In fact, Chaco came to my attention due to the astronomical knowledge of the Ancestral Puebloans: Carl Sagan introduced their scientific feats in his TV series
Cosmos. The Ancestral Puebloans tracked the sun, moon, and stars carefully: the most famous of their astronomical markers is the Sun Dagger petroglyph on Fajada Butte, near the Chaco Culture NHP visitor center. There, light passing through slits between three rocks pass over the center of a spiral petroglyph only at noon on summer solstice.
By the early 13th century, the people of Chaco were beginning to leave. After reaching its heyday in the 12th century, the canyon was completely abandoned by the Ancestral Puebloans a century later. The causes of this migration are not completely clear, although theories include a move forced by drought or climate change and a retreat from violent clashes with newly arrived nomadic peoples. In either case, the people of the Chaco world dispersed in the 1200s, moving south and east to the Jemez Mountains, the Rio Grande valley, and the lands now held by the Zuni and Acoma Pueblos.

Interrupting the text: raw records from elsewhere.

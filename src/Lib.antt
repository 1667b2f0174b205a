-- ===== src/Lib.antt =====
-- The firmware of a battery cell node (BMSNode, ATtiny1614). Each cell of a battery pack has one
-- node. All nodes share one serial wire with a controller: they receive packets, answer those with
-- their address, measure the cell and its temperatures, and burn off charge through a shunt.
--
-- The parts, and how they meet:
--
-- * Ser models src/ser.c: the transmit ring and the switching of the one wire between transmit and
--   receive. Ser/Queue relates the ring to a queue, Ser/Duplex treats the orders of interrupts,
--   Ser/Interleave interrupts in the loop of a write.
-- * Pkt models src/pkt.c. The receive interrupt feeds `pkt_parser` byte by byte; `pkt_ready` hands
--   the packet to the command processor, which frees it by `pkt_rx_free`. `pkt_send` writes to the
--   ring. Pkt/Frame has the packet format of doc/packet.md, Pkt/Steps the parser's way through a
--   packet, Pkt/Receive and Pkt/Send the two ends, Pkt/Bounds, Pkt/Owner and Pkt/Ends the receive
--   buffer and how long a packet can hold it.
-- * Crc has the crc of packets and of the configuration. The firmware takes the function from
--   avr-libc, so most theorems hold for any. Crc/Detect and Crc/Division treat the C form in
--   test/util/crc16.c: what it detects, for Pkt/Corrupt, and that it is a polynomial division.
-- * LinkedList models src/list.c with a pointer for every address, and Tmr models src/tmr.c: the 16
--   bit tick, timeouts against it and the list of timers. A function that reads the tick takes it
--   as an argument.
-- * Cfg models src/cfg.c. The configuration is its 26 bytes at the offsets of Cfg/Offset; the
--   EEPROM functions of avr-libc are a record of two functions with the laws that a block is read
--   with the length asked for, and reads back as it was written.
-- * Therm models src/thermistor_table.c, Adc models src/adc.c, where the result of a conversion is
--   a parameter, Led models src/led.c, Shunt models src/shunt.c and TestMode models src/testmode.c.
--   Board joins what they drive.
-- * Pins models the port registers and the masks of src/iomap.h, and Pins/Outputs shows that the
--   fields of Board stand for the bits that the firmware writes.
-- * Kissm models src/kissm.c, the runner of state machines, over the states of a client.
-- * Node joins the state of all modules, Cmd with Cmd/Code models src/cmd.c, and Main models
--   src/main.c: a pass of the main loop and the start, with the six states in Main/States. A field
--   of `Node` stands for the statics of a file, and a function of the code that changes statics is
--   a function from state to state. Interrupts are steps of their own: Main/Run has a node from its
--   start on with interrupts between the passes, and Main/Reset what a reset leaves.
-- * Main/Preempt has the main loop in smaller steps, the calls that `main_loop` and `cmd_process`
--   make, with interrupts between any two of them; Main/Preempt/Pass relates them to whole passes.
--   What holds at every such moment stands in Main/Preempt/Owned and Main/Preempt/Held for the
--   packet, Main/Preempt/Fit for the wire, Main/Preempt/Awake for the state timer, and
--   Main/Preempt/Outputs for loads and LEDs. Main/Preempt/Movers says for which steps a byte may as
--   well arrive after them.
-- * What a pass does to whole nodes stands in Main/Life, Main/Timeout, Main/Lull, Main/Show,
--   Main/Fit, Main/Load, Main/Readings, Main/Cold and Main/Unattended, with what the command processor adds in
--   Cmd/Link, Cmd/Show and Cmd/Load. Cmd/Exchange and Main/Inquiry have a request and its reply
--   over the wire, Cmd/Address whom a packet is for, Cmd/Speak what a node answers, Cmd/Recover and
--   Cmd/Stale the timeout of a packet, Cmd/Report and Cmd/Discover the payloads by doc/command.md.
--   TestMode/Switch has one test function after another.
-- * Bus joins any number of nodes on one wire: a packet reaches all of them, and what they answer
--   reaches the others. Bus/Take and Bus/Hear have one node, Bus/Members pairs of nodes, Bus/Voice
--   the one that answers, Bus/Rest and Bus/Turn all of them, and Bus/Talk one packet after another
--   from the start of the nodes on. What the main loop does beside the command processor and the
--   freeing of the packet is left out there.
-- * Prelude has the words, lists and tests that all share, Tests the examples.
--
-- A byte and a 16 bit number are numbers that every operation reduces where the code can wrap:
-- `u8`, `u16` and `u32` of Prelude/Words. Signed values are integers of Prelude/Int, with the bit
-- patterns of two's complement. Arithmetic is that of the target, where `int` has 16 bits.
--
-- The loops over the timer list take fuel; the theorems ask for more fuel than there are timers,
-- and the firmware has one timer, for which Main gives fuel 2; Tmr/Fuel shows that more changes
-- nothing. All other loops are recursions on a count of the code.
--
-- Not modelled: the set-up registers of clock, USART, converters and timers but for the bits that
-- the code tests or switches; the reset that DFU asks for, which is a bit of `Mcu`; what happens
-- while the processor sleeps, since the entry of `sleep` goes on when it wakes; an interrupt inside
-- one of the steps of Main/Preempt, but for the loop of `ser_write`, where the store of a byte and
-- the step of its index are one; the code under `#if 0` and `UNIT_TEST`; and the build, provisioning
-- and test files. A division by zero, which C leaves undefined, gives 0.
pub mod Prelude
pub mod Crc
pub mod Ser
pub mod Pkt
pub mod LinkedList
pub mod Tmr
pub mod Cfg
pub mod Therm
pub mod Adc
pub mod Led
pub mod Shunt
pub mod Board
pub mod TestMode
pub mod Pins
pub mod Kissm
pub mod Node
pub mod Cmd
pub mod Bus
pub mod Main
pub mod Tests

Some archaeologists have noted that this migration was not sudden: many great houses were boarded up before being abandoned, with windows and doors filled in. What happened to the high culture and civilization of the Golden Era at Chaco? Based on the walling off of doors with astronomical significance in Chaco and on fires set in some kivas at the time of abandonment, some anthropologists have speculated that perhaps changing climate or other conditions led to a backlash against the knowledge of the stars, ending that study in Chaco culture. Whatever the reason, Pueblo Bonito has now been abandoned for seven and a half centuries.
As the sun prepared to set, I said goodbye to the extraordinary Pueblo Bonito and followed the last two hundred meters of a wide gravel path back to my car.